Yes, it seems, that your plugin files have not been rewriten when you tried rolling back to 1.0.083. Try this: run 1.0.083 updater, chose to modify - select all plugins, you want it to install, and proceed with the installation.

This should at least help you to get 1.0.083 working again.

- Piotr


----------



## germancomponist (Nov 24, 2008)

Martyprod @ Mon Nov 24 said:


> 1) thank you strangeCat , i wanted to try that immediatly, but Play is not working anymore here.
> 
> 2) germancomponist, if you take a look at the soundsonline forum, there was a topic on the forum who has been deleted where a lot of people were having the same problem than mine.
> 
> ...



Oops, 

so I say "Hello on board!" My first seqenzer was "Supertrack" on a Commodore 64. :mrgreen: 

But again, I think the EW Company wishes that you are satisfied with "Play" and very soon there will come a solution for you.

Gunther


----------



## Martyprod (Nov 24, 2008)

Pietro @ Mon Nov 24 said:


> Yes, it seems, that your plugin files have not been rewriten when you tried rolling back to 1.0.083. Try this: run 1.0.083 updater, chose to modify - select all plugins, you want it to install, and proceed with the installation.
> 
> This should at least help you to get 1.0.083 working again.
> 
> - Piotr



hi, thanks, but it didn't solved the problem !! 

:( ...


----------



## Martyprod (Nov 24, 2008)

germancomponist @ Mon Nov 24 said:


> Oops,
> 
> so I say "Hello on board!" My first seqenzer was "Supertrack" on a Commodore 64. :mrgreen:
> 
> ...



ahah, great  my first sequencer was Music Studio from Electronic Arts and Pro 24 1.0.


----------



## Pietro (Nov 24, 2008)

Martyprod @ Mon Nov 24 said:


> hi, thanks, but it didn't solved the problem !!
> 
> :( ...



What about a repair function in the 1.0.083 installer? Nothing? If so - uninstalling completely, then removing all PLAY files and installing again should definitively do.

(the files are here:
\Documents and Settings\All Users\Application Data\East West - there are actually the ones that need to be replaced by the installer/updater
and by default here:
\Program Files\EastWest\ (not "East West")
and here:
\Program Files\Common Files\East West)


- Piotr


----------



## Martyprod (Nov 24, 2008)

Pietro @ Tue Nov 25 said:


> Martyprod @ Mon Nov 24 said:
> 
> 
> > hi, thanks, but it didn't solved the problem !!
> ...



the repair function didn't solved the problem.
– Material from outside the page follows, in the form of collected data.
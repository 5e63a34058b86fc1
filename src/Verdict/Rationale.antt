-- ===== src/Verdict/Rationale.antt =====
-- verdict/engine.py: the lines of `_rationale`, by the two lists of the signals that it reads.
use honua_migrate.Base.{
  Bool, List, [], ◌∷◌, ◌++◌, String, ◌<>◌, ◌==◌, string_eq, nat_eq, keep, map, if◌then◌else◌,
  is_empty,
}
use honua_migrate.Verdict.Registry.{CapabilityEntry, Tier, go, conditional, no_go, tier_rank}
use honua_migrate.Verdict.Detect.{join}

-- `_ADVANCED_ROLE_NOTES.get(role, …)`
unfoldable pub role_note : String → String
unfolding string_eq
role_note role =
    if role == "geoevent"
    then "GeoEvent real-time ingestion has no drop-in Honua equivalent."
    else if role == "geoanalytics"
    then "GeoAnalytics distributed processing must be re-platformed."
    else if role == "notebook"
    then "Notebook Server automation is re-authored, not transferred."
    else if role == "knowledge"
    then "Knowledge Server graph stores need a bespoke migration path."
    else (role <> " role changes the migration story.")

abbrev verdict_line : Tier → String
verdict_line go = "All detected capabilities for this profile are first-class supported."
verdict_line conditional =
    "Migratable with caveats; one or more capabilities have partial fidelity."
verdict_line no_go = "Blocked by a hard Esri lock-in; federate-only or no-go for this profile."

-- A line around a list of texts, where there are any
abbrev listing : String → List String → String → List String
listing before [] after = []
listing before (s ∷ ss) after = (before <> (join ", " (s ∷ ss) <> after)) ∷ []

abbrev labels : (CapabilityEntry → Bool) → List CapabilityEntry → List String
labels test entries = map (λ e. e.label) (keep test entries)

unfoldable pub rationale : Tier → List CapabilityEntry → List String → List String → List String
unfolding join role_note nat_eq
rationale verdict entries kinds roles =
    verdict_line verdict
    ∷ (listing "Hard lock-ins present: " (labels (λ e. e.hard_lock_in) entries) "."
        ++ (listing "Supported: " (labels (λ e. tier_rank e.tier == 0) entries) "."
            ++ (listing "Conditional fidelity: " (labels (λ e. tier_rank e.tier == 1) entries) "."
                ++ ((if is_empty entries
                      then "No capabilities for this profile were detected in the footprint." ∷ []
                      else [])
                    ++ (listing "Non-feature/map service breadth detected: " kinds
                          " (widens migration effort beyond capability tiers)."
                        ++ listing "Federated advanced server roles present: " roles
                            (". " <> join " " (map role_note roles)))))))
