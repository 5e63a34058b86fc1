-- ===== src/Verdict/Profile.antt =====
-- verdict/engine.py: the verdict, the effort and the boundaries of one shop profile.
use honua_migrate.Base.{
  ℕ, ◌+◌, Bool, true, ◌&&◌, ◌||◌, not, List, [], ◌∷◌, String, ◌==◌, string_eq, nat_eq, contains,
  keep, map, if◌then◌else◌, Option, ltb, leb, is_empty, count_if,
}
use honua_migrate.Base.Sort.{sorted}
use honua_migrate.Base.Text.{codes, codes_le, lower}
use honua_migrate.Verdict.Registry.{CapabilityEntry, Tier, go, no_go, tier_rank}
use honua_migrate.Verdict.Rationale.{rationale}
use honua_migrate.Verdict.Detect.{LockInExtent, Extents, extent_of, enriched_detail}

pub data Effort : Type 0 where
  low moderate high very_high : Effort

-- `EFFORT_BANDS.index` and `EFFORT_BANDS[min(i, 3)]`
abbrev pub band_index : Effort → ℕ
band_index low = 0
band_index moderate = 1
band_index high = 2
band_index very_high = 3

unfoldable pub effort_band_at : ℕ → Effort
effort_band_at i =
    if i == 0 then low else if i == 1 then moderate else if i == 2 then high else very_high

pub record SignalSummary : Type 0 where
  pub non_feature_map_service_kinds : List String
  pub advanced_roles : List String
  pub usage_ranked : Bool

pub record Boundary : Type 0 where
  pub key : String
  pub label : String
  pub tier : Tier
  pub hard_lock_in : Bool
  pub detail : String
  pub extent : Option LockInExtent

abbrev pub is_relevant : String → CapabilityEntry → Bool
is_relevant profile entry =
    (is_empty entry.profiles || contains entry.profiles profile) || entry.hard_lock_in

unfoldable pub entries_for_profile : String → List CapabilityEntry → List CapabilityEntry
entries_for_profile profile = keep (is_relevant profile)

-- `max(…, key=…)` keeps the first of the worst.
unfoldable pub worst_tier : Tier → List CapabilityEntry → Tier
worst_tier t [] = t
worst_tier t (e ∷ es) = worst_tier (if ltb (tier_rank t) (tier_rank e.tier) then e.tier else t) es

unfoldable pub verdict_for_entries : List CapabilityEntry → Tier
unfolding worst_tier
verdict_for_entries [] = go
verdict_for_entries (e ∷ es) = worst_tier e.tier es

abbrev pub is_conditional : CapabilityEntry → Bool
is_conditional e = tier_rank e.tier == 1

abbrev pub lift_of : List String → ℕ
lift_of signals = if is_empty signals then 0 else 1

base_band : ℕ → ℕ
base_band n = if n == 0 then 0 else if leb n 2 then 1 else 2

unfoldable pub effort_band : List CapabilityEntry → Tier → SignalSummary → Effort
unfolding effort_band_at base_band nat_eq
effort_band entries no_go signals = very_high
effort_band entries _ signals = effort_band_at (
    base_band (count_if is_conditional entries)
    + (lift_of signals.non_feature_map_service_kinds + lift_of signals.advanced_roles))

unfoldable pub boundary_of : Extents → CapabilityEntry → Boundary
unfolding extent_of enriched_detail
boundary_of extents e = record {
  key = e.key;
  label = e.label;
  tier = e.tier;
  hard_lock_in = e.hard_lock_in;
  detail = enriched_detail e (extent_of e.key extents);
  extent = extent_of e.key extents;
}

abbrev pub has_boundary : CapabilityEntry → Bool
has_boundary e = not (tier_rank e.tier == 0) && not (e.boundary == "")

abbrev pub lock_in_rank : Boundary → ℕ
lock_in_rank b = if b.hard_lock_in then 0 else 1

-- Hard lock-ins first, then the more severe tier, then the lowered label.
unfoldable pub boundary_le : Boundary → Boundary → Bool
unfolding codes_le lower
boundary_le a b =
    ltb (lock_in_rank a) (lock_in_rank b)
    || (lock_in_rank a == lock_in_rank b
        && (ltb (tier_rank b.tier) (tier_rank a.tier)
            || (tier_rank a.tier == tier_rank b.tier
                && codes_le (map lower (codes a.label)) (map lower (codes b.label)))))

unfoldable pub boundaries : List CapabilityEntry → Extents → List Boundary
unfolding boundary_of boundary_le nat_eq
boundaries entries extents =
    sorted boundary_le (map (boundary_of extents) (keep has_boundary entries))

pub record ProfileVerdict : Type 0 where
  pub profile : String
  pub verdict : Tier
  pub effort : Effort
  pub boundary_list : List Boundary
  pub matched_capabilities : List String
  pub rationale_lines : List String

-- The body of the loop of `evaluate`
unfoldable pub profile_verdict :
    List CapabilityEntry → Extents → SignalSummary → String → ProfileVerdict
unfolding entries_for_profile verdict_for_entries effort_band boundaries rationale
profile_verdict detected extents signals profile =
    let entries = entries_for_profile profile detected in
    let verdict = verdict_for_entries entries in
    record {
      profile = profile;
      verdict = verdict;
      effort = effort_band entries verdict signals;
      boundary_list = boundaries entries extents;
      matched_capabilities = map (λ e. e.key) entries;
      rationale_lines =
          rationale verdict entries signals.non_feature_map_service_kinds signals.advanced_roles;
    }

-- The hard lock-ins of the whole footprint.
unfoldable pub hard_lock_ins : List CapabilityEntry → Extents → List Boundary
unfolding boundary_of
hard_lock_ins detected extents =
    map (λ e. record (boundary_of extents e) { hard_lock_in = true })
      (keep (λ e. e.hard_lock_in) detected)
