-- ===== src/Verdict/Signals.antt =====
-- verdict/engine.py: the enriched signals, the recommended order, and the whole verdict.
use honua_migrate.Base.{
  ℕ, suc, Bool, true, false, ◌&&◌, ◌||◌, not, List, [], ◌∷◌, ◌++◌, String, string_eq, contains, any,
  keep, map, if◌then◌else◌, Option, none, some, distinct,
}
use honua_migrate.Base.Int.{ℤ, pos, int_le}
use honua_migrate.Base.Sort.{sorted}
use honua_migrate.Base.Text.{text_le}
use honua_migrate.Json.{Json, get, members, is_mapping, text?, int?}
use honua_migrate.Report.Dependency.{dependency_order}
use honua_migrate.Verdict.Registry.{is_kind, capability_registry, shop_profiles}
use honua_migrate.Verdict.Detect.{inventory_items, detected_entries, lock_in_extents}
use honua_migrate.Verdict.Profile.{
  SignalSummary, Boundary, ProfileVerdict, profile_verdict, hard_lock_ins,
}

abbrev pub feature_map_service_kinds : List String
feature_map_service_kinds = "featureService" ∷ "mapService" ∷ "vectorTileService" ∷ []

-- `isinstance(value, str) and value`, of each of a list
unfoldable pub texts : List Json → List String
texts [] = []
texts (x ∷ xs) = prepend (text? x) (texts xs)
  where
    prepend : Option String → List String → List String
    prepend none rest = rest
    prepend (some s) rest = s ∷ rest

unfoldable pub sorted_set : List String → List String
unfolding distinct text_le string_eq
sorted_set xs = sorted text_le (distinct [] xs)

unfoldable pub non_feature_map_service_kinds : Json → List String
unfolding sorted_set texts inventory_items is_kind get string_eq
non_feature_map_service_kinds footprint = sorted_set (
    keep (λ kind. not (contains feature_map_service_kinds kind))
      (texts
        (map (get "serviceKind") (keep (is_kind "server-service") (inventory_items footprint)))))

unfoldable pub server_roles : List Json → List String
unfolding texts get members
server_roles [] = []
server_roles (server ∷ servers) =
    let rest = server_roles servers in
    if is_mapping server then texts (members (get "advancedRoles" server)) ++ rest else rest

unfoldable pub advanced_roles : Json → List String
unfolding sorted_set texts server_roles get members
advanced_roles footprint =
    let federation = get "federation" (get "portal" footprint) in
    sorted_set (
      texts (members (get "advancedRoles" federation))
      ++ server_roles (members (get "servers" federation)))

pub data StepSource : Type 0 where
  usage dependency : StepSource

pub record MigrationStep : Type 0 where
  pub rank : ℤ
  pub identifier : String
  pub source : StepSource
  pub requests : Option ℤ

-- A row of the usage ranking, where it has a service and a rank.
usage_step : Option String → Option ℤ → Option ℤ → List MigrationStep
usage_step (some service) (some rank) requests =
    record { rank = rank; identifier = service; source = usage; requests = requests } ∷ []
usage_step _ _ requests = []

unfoldable pub usage_rows : List Json → List MigrationStep
unfolding usage_step get
usage_rows [] = []
usage_rows (x ∷ xs) =
    let rest = usage_rows xs in
    if is_mapping x
    then usage_step (text? (get "service" x)) (int? (get "rank" x)) (int? (get "requests" x))
      ++ rest
    else rest

-- By rank, and by service where the ranks are the same.
unfoldable pub step_le : MigrationStep → MigrationStep → Bool
unfolding int_le text_le
step_le a b =
    not (int_le b.rank a.rank) || (int_le a.rank b.rank && text_le a.identifier b.identifier)

unfoldable pub usage_ranked_steps : Json → List MigrationStep
unfolding usage_rows step_le get members
usage_ranked_steps footprint =
    sorted step_le (
      usage_rows (members (get "usageRankedServices" (get "bindingPlan" (get "server" footprint)))))

unfoldable pub numbered : ℕ → List String → List MigrationStep
numbered n [] = []
numbered n (s ∷ ss) =
    record { rank = pos n; identifier = s; source = dependency; requests = none }
    ∷ numbered (suc n) ss

abbrev pub or_dependencies : List MigrationStep → Option (List String) → Option (List MigrationStep)
or_dependencies [] none = none
or_dependencies [] (some order) = some (numbered 1 order)
or_dependencies (step ∷ steps) order = some (step ∷ steps)

-- `none` where the dependency order would be.
unfoldable pub migration_order : Json → Option (List MigrationStep)
unfolding usage_ranked_steps numbered dependency_order
migration_order footprint =
    or_dependencies (usage_ranked_steps footprint) (dependency_order footprint)

abbrev is_usage : MigrationStep → Bool
is_usage step = elim step.source [ usage ↦ true | dependency ↦ false ]

pub record FootprintVerdict : Type 0 where
  pub profiles : List ProfileVerdict
  pub hard_lock_ins : List Boundary
  pub signals : SignalSummary
  pub migration_order : List MigrationStep

unfoldable pub signals_of : Json → List MigrationStep → SignalSummary
unfolding non_feature_map_service_kinds advanced_roles
signals_of footprint steps = record {
  non_feature_map_service_kinds = non_feature_map_service_kinds footprint;
  advanced_roles = advanced_roles footprint;
  usage_ranked = any is_usage steps;
}

unfoldable pub verdict_with : Json → List MigrationStep → FootprintVerdict
unfolding detected_entries lock_in_extents signals_of profile_verdict hard_lock_ins
verdict_with footprint steps =
    let detected = detected_entries capability_registry footprint in
    let extents = lock_in_extents footprint in
    let signals = signals_of footprint steps in
    record {
      profiles = map (profile_verdict detected extents signals) shop_profiles;
      hard_lock_ins = hard_lock_ins detected extents;
      signals = signals;
      migration_order = steps;
    }

abbrev pub with_steps : Json → Option (List MigrationStep) → Option FootprintVerdict
with_steps footprint none = none
with_steps footprint (some steps) = some (verdict_with footprint steps)

unfoldable pub evaluate : Json → Option FootprintVerdict
unfolding migration_order
evaluate footprint = with_steps footprint (migration_order footprint)
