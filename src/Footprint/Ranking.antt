-- ===== src/Footprint/Ranking.antt =====
-- The usage ranking, and how the verdict reads it back.
use honua_migrate.Base.{
  ℕ, suc, ◌≡◌, ◌≢◌, ◌<◌, ◌⊎◌, inl, inr, not, ◌||◌, ◌&&◌, refl, sym, ap, subst, ◌∙◌, Bool, true,
  false, List, [], ◌∷◌, String, ◌==◌, string_eq, map, count_if, All, some, arith, All-In, In-All,
}
use honua_migrate.Base.Int.{ℤ, pos, negsuc, int_le, int_le_total}
use honua_migrate.Base.Sort.{
  sorted, IsSorted, sorted-IsSorted, count_if-sorted, sorted-id, sorted-In,
}
use honua_migrate.Base.Text.{text_le, text_le_total}
use honua_migrate.Json.{Json, get, members, to_list, get_field}
use honua_migrate.Verdict.Signals.{MigrationStep, usage, usage_rows, step_le, usage_ranked_steps}
use honua_migrate.Footprint.Binding.{
  Usage, UsageRankedService, usage_le, ranked_from, rank_services_by_usage, DatastoreRegistration,
  build_binding_plan, services_json, plan_dict,
}

usage_le_total : (a b : String × ℤ) → usage_le a b ≡ false → usage_le b a ≡ true
unfolding usage_le
usage_le_total (s, n) (t, m) h =
    ground (arith, h, int_le_total n m, int_le_total m n, text_le_total s t, text_le_total t s)

-- Strictly less, on the integers
abbrev pub Less : ℤ → ℤ → Type 0
Less (pos a) (pos b) = a < b
Less (pos a) (negsuc b) = ⊥
Less (negsuc a) (pos b) = Unit
Less (negsuc a) (negsuc b) = b < a

-- A service stands before another: it has more requests, or as many and no greater name.
abbrev pub Before : String × ℤ → String × ℤ → Type 0
Before (s, n) (t, m) = Less m n ⊎ ((n ≡ m) × (text_le s t ≡ true))

abbrev pub InOrder : Usage → Type 0
InOrder [] = Unit
InOrder (a ∷ []) = Unit
InOrder (a ∷ b ∷ us) = Before a b × InOrder (b ∷ us)

split_order :
    (x y z : Bool)
    → (not x || (y && z)) ≡ true
    → (x ≡ false) ⊎ ((x ≡ true) × (y ≡ true) × (z ≡ true))
split_order true true true h = inr (refl, refl, refl)
split_order true true false h = cc
split_order true false z h = cc
split_order false y z h = inl refl

not_le-Less : (n m : ℤ) → int_le n m ≡ false → Less m n
unfolding int_le
not_le-Less (pos a) (pos b) h = ground (arith, h)
not_le-Less (pos a) (negsuc b) h = tt
not_le-Less (negsuc a) (pos b) h = cc
not_le-Less (negsuc a) (negsuc b) h = ground (arith, h)

both_le : (n m : ℤ) → int_le n m ≡ true → int_le m n ≡ true → n ≡ m
unfolding int_le
both_le (pos a) (pos b) h k = ap pos (ground (arith, h, k))
both_le (pos a) (negsuc b) h k = cc
both_le (negsuc a) (pos b) h k = cc
both_le (negsuc a) (negsuc b) h k = ap negsuc (ground (arith, h, k))

usage_le-Before : (a b : String × ℤ) → usage_le a b ≡ true → Before a b
unfolding usage_le
usage_le-Before (s, n) (t, m) h = elim (split_order (int_le n m) (int_le m n) (text_le s t) h) [
  | inl e ↦ inl (not_le-Less n m e)
  | inr (p, q, r) ↦ inr (both_le n m p q, r)
]

IsSorted-InOrder : (us : Usage) → IsSorted usage_le us → InOrder us
IsSorted-InOrder [] h = tt
IsSorted-InOrder (a ∷ []) h = tt
IsSorted-InOrder (a ∷ b ∷ us) (ab, h) = (usage_le-Before a b ab, IsSorted-InOrder (b ∷ us) h)

abbrev pub pair_of : UsageRankedService → String × ℤ
pair_of r = (r.service, r.requests)

-- The ranks count up from a number.
abbrev pub Numbered : ℕ → List UsageRankedService → Type 0
Numbered n [] = Unit
Numbered n (r ∷ rs) = (r.rank ≡ n) × Numbered (suc n) rs

pairs-ranked_from : (n : ℕ) (us : Usage) → map pair_of (ranked_from n us) ≡ us
unfolding ranked_from
pairs-ranked_from n [] = refl
pairs-ranked_from n ((s, r) ∷ us) = ap (λ rest. (s, r) ∷ rest) (pairs-ranked_from (suc n) us)

ranked_from-Numbered : (n : ℕ) (us : Usage) → Numbered n (ranked_from n us)
unfolding ranked_from
ranked_from-Numbered n [] = tt
ranked_from-Numbered n ((s, r) ∷ us) = (refl, ranked_from-Numbered (suc n) us)

-- The ranking has the services of the dictionary of requests, each as often as there; of two
-- that follow each other the first has more requests, or as many and no greater name; and the
-- ranks count up from 1.
pub rank_services_by_usage-Numbered :
    (us : Usage)
    → let ranking = rank_services_by_usage us in
      InOrder (map pair_of ranking)
      × Numbered 1 ranking
      × ((test : String × ℤ → Bool) → count_if test (map pair_of ranking) ≡ count_if test us)
unfolding rank_services_by_usage
rank_services_by_usage-Numbered us = (
  subst InOrder (sym (pairs-ranked_from 1 (sorted usage_le us)))
      (IsSorted-InOrder (sorted usage_le us) (sorted-IsSorted usage_le usage_le_total us)),
  ranked_from-Numbered 1 (sorted usage_le us),
  λ test.
      ap (count_if test) (pairs-ranked_from 1 (sorted usage_le us))
      ∙ count_if-sorted usage_le test us,
)

-- The step that the verdict reads for a ranked service
abbrev pub step_of : UsageRankedService → MigrationStep
step_of r = record {
  rank = pos r.rank;
  identifier = r.service;
  source = usage;
  requests = some r.requests;
}

abbrev pub Named : Usage → Type 0
Named us = All (λ u. u.0 ≢ "") us

usage_rows-services :
    (n : ℕ) (us : Usage)
    → Named us
    → usage_rows (to_list (services_json (ranked_from n us))) ≡ map step_of (ranked_from n us)
unfolding usage_rows ranked_from to_list get get_field string_eq
usage_rows-services n [] h = refl
usage_rows-services n ((s, r) ∷ us) (named, h) =
    let e : (s == "") ≡ false = ground (arith, named) in
    rw e (
      ap (λ rest. step_of (record { service = s; requests = r; rank = n }) ∷ rest)
        (usage_rows-services (suc n) us h))

steps-IsSorted : (n : ℕ) (us : Usage) → IsSorted step_le (map step_of (ranked_from n us))
unfolding ranked_from step_le int_le
steps-IsSorted n [] = tt
steps-IsSorted n ((s, r) ∷ []) = tt
steps-IsSorted n ((s, r) ∷ (t, q) ∷ us) = (ground arith, steps-IsSorted (suc n) ((t, q) ∷ us))

-- Where the names of the services are not empty, the verdict reads from a footprint that carries
-- the dictionary of a binding plan the plan's own ranking, step by step: its order, its ranks and
-- its requests.
pub usage_ranked_steps-plan_dict :
    (us : Usage) (registrations : List DatastoreRegistration) (footprint : Json)
    → Named us
    → get "bindingPlan" (get "server" footprint) ≡ plan_dict (build_binding_plan us registrations)
    → usage_ranked_steps footprint ≡ map step_of (rank_services_by_usage us)
unfolding usage_ranked_steps rank_services_by_usage build_binding_plan get get_field members
    string_eq
usage_ranked_steps-plan_dict us registrations footprint named carried =
    ap (λ j. sorted step_le (usage_rows (members (get "usageRankedServices" j)))) carried
    ∙ ap (sorted step_le) (usage_rows-services 1 (sorted usage_le us) named_sorted)
    ∙ sorted-id step_le (map step_of (ranked_from 1 (sorted usage_le us)))
        (steps-IsSorted 1 (sorted usage_le us))
  where
    named_sorted : Named (sorted usage_le us)
    named_sorted =
        All-In (λ u. u.0 ≢ "") (sorted usage_le us)
          (λ u m. In-All (λ u. u.0 ≢ "") u us named (sorted-In usage_le u us m))
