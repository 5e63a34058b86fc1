-- ===== src/Footprint/Tests.antt =====
-- Binding modes and a usage ranking at concrete data, and the theorems there.
use honua_migrate.Base.{
  ◌≡◌, ◌≢◌, refl, Bool, false, ◌==◌, [], ◌∷◌, String, map, count_if, arith, string_eq, nat_eq,
}
use honua_migrate.Base.Int.{ℤ, pos}
use honua_migrate.Base.Text.{strip, lower, same_codes}
use honua_migrate.Json.{Json, obj, end, field, get, get_field}
use honua_migrate.Verdict.Signals.{usage_ranked_steps}
use honua_migrate.Footprint.Binding.{
  Usage, rank_services_by_usage, build_binding_plan, plan_dict, connection_kind_for_type, kind_in,
  normalized, binding_mode_for_connection, materialize,
}
use honua_migrate.Footprint.Ranking.{
  pair_of, InOrder, Named, Numbered, step_of, rank_services_by_usage-Numbered,
  usage_ranked_steps-plan_dict,
}

file_geodatabase : binding_mode_for_connection (connection_kind_for_type " File_GDB ") ≡ materialize
unfolding binding_mode_for_connection connection_kind_for_type kind_in normalized strip lower
    same_codes nat_eq
file_geodatabase = refl

abbrev requests : Usage
requests = ("roads", pos 3) ∷ ("parcels", pos 12) ∷ ("lakes", pos 3) ∷ []

abbrev carrier : Json
carrier = obj (
    field "server" (obj (field "bindingPlan" (plan_dict (build_binding_plan requests [])) end)) end)

carries : get "bindingPlan" (get "server" carrier) ≡ plan_dict (build_binding_plan requests [])
unfolding get get_field string_eq
carries = refl

rank_services_by_usage-Numbered_example :
    let ranking = rank_services_by_usage requests in
    InOrder (map pair_of ranking)
    × Numbered 1 ranking
    × ((test : String × ℤ → Bool) → count_if test (map pair_of ranking) ≡ count_if test requests)
rank_services_by_usage-Numbered_example = rank_services_by_usage-Numbered requests

differs : (s : String) → (s == "") ≡ false → s ≢ ""
differs s h p = ground (arith, h, p)

requests-Named : Named requests
unfolding string_eq
requests-Named = (differs "roads" refl, (differs "parcels" refl, (differs "lakes" refl, tt)))

usage_ranked_steps-plan_dict_example :
    usage_ranked_steps carrier ≡ map step_of (rank_services_by_usage requests)
usage_ranked_steps-plan_dict_example =
    usage_ranked_steps-plan_dict requests [] carrier requests-Named carries
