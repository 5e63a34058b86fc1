-- ===== src/Geoserver.antt =====
-- honua_migrate/services/geoserver.py: the plan and the apply of a GeoServer catalog.
pub mod Checks
pub mod Client
pub mod Apply
pub mod Options
pub mod Wait
mod Repeated
mod Loaded
mod Reviewed
mod Planned
mod Built
mod Restarted
mod Tests
mod OptionTests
about reinstalling everything, i'm even not sure it could solve the problem! i did that once before , and there are some files who are not even uninstalled by the uninstaller, like some files about the convolution reverb etc ..., and if the reverb has been updated by the 1.1.003 update and that's still in the system, puting again a 1.0.083 update even from scratch will maybe not solve the issue(that's an example), that's maybe why people are requesting a special file on their forum.


----------



## Stephen Baysted (Nov 24, 2008)

Didier,

It all sounds like a complete nightmare - you have my deepest sympathy.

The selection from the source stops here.